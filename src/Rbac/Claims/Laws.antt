-- ===== src/Rbac/Claims/Laws.antt =====
-- The tokens that `Verify` of lib/auth/jwt.go accepts.
use mathlib.Core.Path.{subst}
use quickbite_analytics_serv.Base.{
  String, ◌≡◌, ◌≢◌, ◌↔◌, sym, refl, ◌∙◌, Option, none, some, Bool, List, [], ◌∷◌, true, arith,
  eq_iff, ap, Bool-cases, inl, inr, str_eq,
}
use quickbite_analytics_serv.Base.Int.{ℤ, pos, eqb_ℤ, eqb_ℤ_iff}
use quickbite_analytics_serv.Errors.{plain, Result, ok, err, ◌>>=◌, >>=-eq-ok}
use quickbite_analytics_serv.Rbac.Claims.{
  Claims, ClaimValue, number, text, other, Claim, one, many, MapClaims, SigningMethod, Token,
  key_func, claim_as_int64, int_claim, read_ids, ids_claim, text_claim, or_zero, claims_of,
  check_claims, map_claims, from_token, verify,
}

check_claims-eq-ok :
    (parse_int : String → Option ℤ) (out c : Claims)
    → check_claims parse_int out ≡ ok c
    → (c ≡ out) × (c.user_id ≢ pos 0) × (c.role ≢ "")
unfolding check_claims
check_claims-eq-ok parse_int out c h = (
  ground arith,
  λ e.
      ground (arith, ap (λ (x : Claims). x.user_id) (same_claims h), eqb_ℤ_iff out.user_id (pos 0)),
  λ e. ground (arith, ap (λ (x : Claims). x.role) (same_claims h), eq_iff out.role ""),
)
  where
    same_claims : check_claims parse_int out ≡ ok c → c ≡ out
    same_claims k = ground arith

check_claims-ok :
    (parse_int : String → Option ℤ) (out : Claims)
    → out.user_id ≢ pos 0
    → out.role ≢ ""
    → check_claims parse_int out ≡ ok out
unfolding check_claims
check_claims-ok parse_int out user role = elim (Bool-cases (eqb_ℤ out.user_id (pos 0))) [
  | inl zero ↦ elim (user ((eqb_ℤ_iff out.user_id (pos 0)).0 zero)) [ ]
  | inr given ↦ elim (Bool-cases (str_eq out.role "")) [
    | inl empty ↦ elim (role ((eq_iff out.role "").0 empty)) [ ]
    | inr named ↦ rw (given, named) refl
  ]
]

module _ (parse_int : String → Option ℤ) where
  -- A number, or the text of one.
  abbrev pub number_in : Option Claim → Option ℤ
  number_in (some (one (number n))) = some n
  number_in (some (one (text s))) = parse_int s
  number_in _ = none

  abbrev pub text_in : Option Claim → Option String
  text_in (some (one (text s))) = some s
  text_in _ = none

  abbrev numbers : List ClaimValue → List ℤ
  numbers [] = []
  numbers (v ∷ vs) = elim (number_in (some (one v))) [ none ↦ numbers vs | some n ↦ n ∷ numbers vs ]

  -- The elements of a list that can be read.
  abbrev pub numbers_in : Option Claim → List ℤ
  numbers_in (some (many vs)) = numbers vs
  numbers_in _ = []

  abbrev pub or_else : {A : Type 0} → A → Option A → A
  or_else a none = a
  or_else a (some b) = b

  -- The claims are those of the payload under their names.
  pub record ReadFrom (mc : MapClaims) (c : Claims) : Type 0 where
    pub user : c.user_id ≡ or_else (pos 0) (number_in (mc "userId"))
    pub mail : c.email ≡ or_else "" (text_in (mc "email"))
    pub role_given : c.role ≡ or_else "" (text_in (mc "role"))
    pub restaurant : c.restaurant_id ≡ number_in (mc "restaurantId")
    pub restaurant_role_given : c.restaurant_role ≡ text_in (mc "restaurantRole")
    pub branches : c.branch_ids ≡ numbers_in (mc "branchIds")

  claim_as_int64-eq : (v : ClaimValue) → claim_as_int64 parse_int v ≡ number_in (some (one v))
  unfolding claim_as_int64
  claim_as_int64-eq (number n) = refl
  claim_as_int64-eq (text s) = refl
  claim_as_int64-eq other = refl

  int_claim-eq : (o : Option Claim) → int_claim parse_int o ≡ number_in o
  unfolding int_claim
  int_claim-eq none = refl
  int_claim-eq (some (one v)) = claim_as_int64-eq v
  int_claim-eq (some (many vs)) = refl

  text_claim-eq : (o : Option Claim) → text_claim parse_int o ≡ text_in o
  text_claim-eq none = refl
  text_claim-eq (some (one (number n))) = refl
  text_claim-eq (some (one (text s))) = refl
  text_claim-eq (some (one other)) = refl
  text_claim-eq (some (many vs)) = refl

  or_zero-eq : {A : Type 0} (a : A) (o : Option A) → or_zero parse_int a o ≡ or_else a o
  or_zero-eq a none = refl
  or_zero-eq a (some b) = refl

  read_ids-eq : (vs : List ClaimValue) → read_ids parse_int vs ≡ numbers vs
  unfolding read_ids
  read_ids-eq [] i = []
  read_ids-eq (v ∷ vs) i = elim (claim_as_int64-eq v i) [
    | none ↦ read_ids-eq vs i
    | some n ↦ n ∷ read_ids-eq vs i
  ]

  ids_claim-eq : (o : Option Claim) → ids_claim parse_int o ≡ numbers_in o
  unfolding ids_claim
  ids_claim-eq none = refl
  ids_claim-eq (some (one v)) = refl
  ids_claim-eq (some (many vs)) = read_ids-eq vs

  claims_of-ReadFrom : (mc : MapClaims) → ReadFrom mc (claims_of parse_int mc)
  unfolding claims_of
  claims_of-ReadFrom mc = record {
    user =
        or_zero-eq (pos 0) (int_claim parse_int (mc "userId"))
        ∙ ap (or_else (pos 0)) (int_claim-eq (mc "userId"));
    mail =
        or_zero-eq "" (text_claim parse_int (mc "email"))
        ∙ ap (or_else "") (text_claim-eq (mc "email"));
    role_given =
        or_zero-eq "" (text_claim parse_int (mc "role"))
        ∙ ap (or_else "") (text_claim-eq (mc "role"));
    restaurant = int_claim-eq (mc "restaurantId");
    restaurant_role_given = text_claim-eq (mc "restaurantRole");
    branches = ids_claim-eq (mc "branchIds");
  }

  ReadFrom-unique : (mc : MapClaims) (c c' : Claims) → ReadFrom mc c → ReadFrom mc c' → c ≡ c'
  ReadFrom-unique mc c c' r r' i = record {
    user_id = (r.user ∙ sym r'.user) i;
    email = (r.mail ∙ sym r'.mail) i;
    role = (r.role_given ∙ sym r'.role_given) i;
    restaurant_id = (r.restaurant ∙ sym r'.restaurant) i;
    restaurant_role = (r.restaurant_role_given ∙ sym r'.restaurant_role_given) i;
    branch_ids = (r.branches ∙ sym r'.branches) i;
  }

  module _ (parse : (SigningMethod → Result String) → String → Result Token) where
    -- What is relied on of `jwt.Parse`: it answers a token only if the key function answers a key for
    -- the token's method and the token is signed with that key.
    pub record ParseLaws : Type 0 where
      pub method_of : String → SigningMethod
      -- by a token and a key
      pub signed : String → String → Bool
      pub parse_keyed :
          (k : SigningMethod → Result String) (token : String) (t : Token)
          → parse k token ≡ ok t
          → (key : String) × (k (method_of token) ≡ ok key) × (signed token key ≡ true)

    -- The token is signed with HMAC and the secret, it is valid, and the claims are those of its
    -- payload, with a user id other than 0 and a role.
    abbrev pub IsVerified : ParseLaws → String → String → Claims → Type 0
    IsVerified laws access_secret token c =
        (laws.method_of token ≡ SigningMethod.hmac)
        × (laws.signed token access_secret ≡ true)
        × ((t : Token) × (mc : MapClaims) × (parse (key_func access_secret) token ≡ ok t)
            × (t.valid ≡ true)
            × (t.claims ≡ some mc)
            × ReadFrom mc c
            × (c.user_id ≢ pos 0)
            × (c.role ≢ ""))

    key_func-hmac :
        (access_secret key : String) (m : SigningMethod)
        → key_func access_secret m ≡ ok key
        → (m ≡ SigningMethod.hmac) × (access_secret ≡ key)
    unfolding key_func
    key_func-hmac access_secret key SigningMethod.hmac h = (refl, cc)
    key_func-hmac access_secret key SigningMethod.another h = cc

    map_claims-eq-ok :
        (o : Option MapClaims) (mc : MapClaims) → map_claims parse_int o ≡ ok mc → o ≡ some mc
    map_claims-eq-ok none mc h = cc
    map_claims-eq-ok (some x) mc h = cc

    from_token-ok :
        (t : Token) (c : Claims)
        → from_token parse_int t ≡ ok c
        → (mc : MapClaims) × (t.valid ≡ true)
          × (t.claims ≡ some mc)
          × (check_claims parse_int (claims_of parse_int mc) ≡ ok c)
    from_token-ok t c h = elim (Bool-cases t.valid) [
      | inl valid ↦
          let mapped : (map_claims parse_int t.claims >>= λ mc.
          check_claims parse_int (claims_of parse_int mc))
              ≡ ok c =
            rw valid at h in
          let (mc, checked, same) = >>=-eq-ok (map_claims parse_int t.claims) _ mapped in
          (mc, valid, map_claims-eq-ok t.claims mc same, checked)
      | inr invalid ↦ let impossible : err (plain "invalid token") ≡ ok c = rw invalid at h in cc
    ]

    -- Let `jwt.Parse` answer only a token that is signed by the key that its key function gives. Then
    -- `Verify` accepts claims exactly if the token is signed with HMAC and the secret, it parses and is
    -- valid, and they are the claims of its payload, each under its name, with a user id other than 0
    -- and a role.
    pub verify_iff :
        (laws : ParseLaws) (access_secret token : String) (c : Claims)
        → (verify parse_int parse access_secret token ≡ ok c)
          ↔ IsVerified laws access_secret token c
    unfolding verify
    verify_iff laws access_secret token c = (accepted, complete)
      where
        accepted :
            verify parse_int parse access_secret token ≡ ok c
            → IsVerified laws access_secret token c
        accepted h =
            let (t, from, parsed) = >>=-eq-ok (parse (key_func access_secret) token) _ h in
            let (mc, valid, there, checked) = from_token-ok t c from in
            let (same, user, role) =
              check_claims-eq-ok parse_int (claims_of parse_int mc) c checked in
            let (key, keyed, signed) = laws.parse_keyed _ token t parsed in
            let (method, secret) = key_func-hmac access_secret key (laws.method_of token) keyed in
            (
              method,
              rw (sym secret) at signed,
              (
                t,
                mc,
                parsed,
                valid,
                there,
                subst (λ x. ReadFrom mc x) (sym same) (claims_of-ReadFrom mc),
                user,
                role,
              ),
            )

        complete :
            IsVerified laws access_secret token c
            → verify parse_int parse access_secret token ≡ ok c
        complete (method, signed, (t, mc, parsed, valid, there, from, user, role)) =
            let same = ReadFrom-unique mc (claims_of parse_int mc) c (claims_of-ReadFrom mc) from in
            rw parsed (
              rw (valid, there)
                (ap (check_claims parse_int) same ∙ check_claims-ok parse_int c user role))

————

• **Exercise brief**
The string "plain" shows up in some lines of the listing. Copy each such line.

• **The answer**
use quickbite_analytics_serv.Errors.{plain, Result, ok, err, ◌>>=◌, >>=-eq-ok}
      | inr invalid ↦ let impossible : err (plain "invalid token") ≡ ok c = rw invalid at h in cc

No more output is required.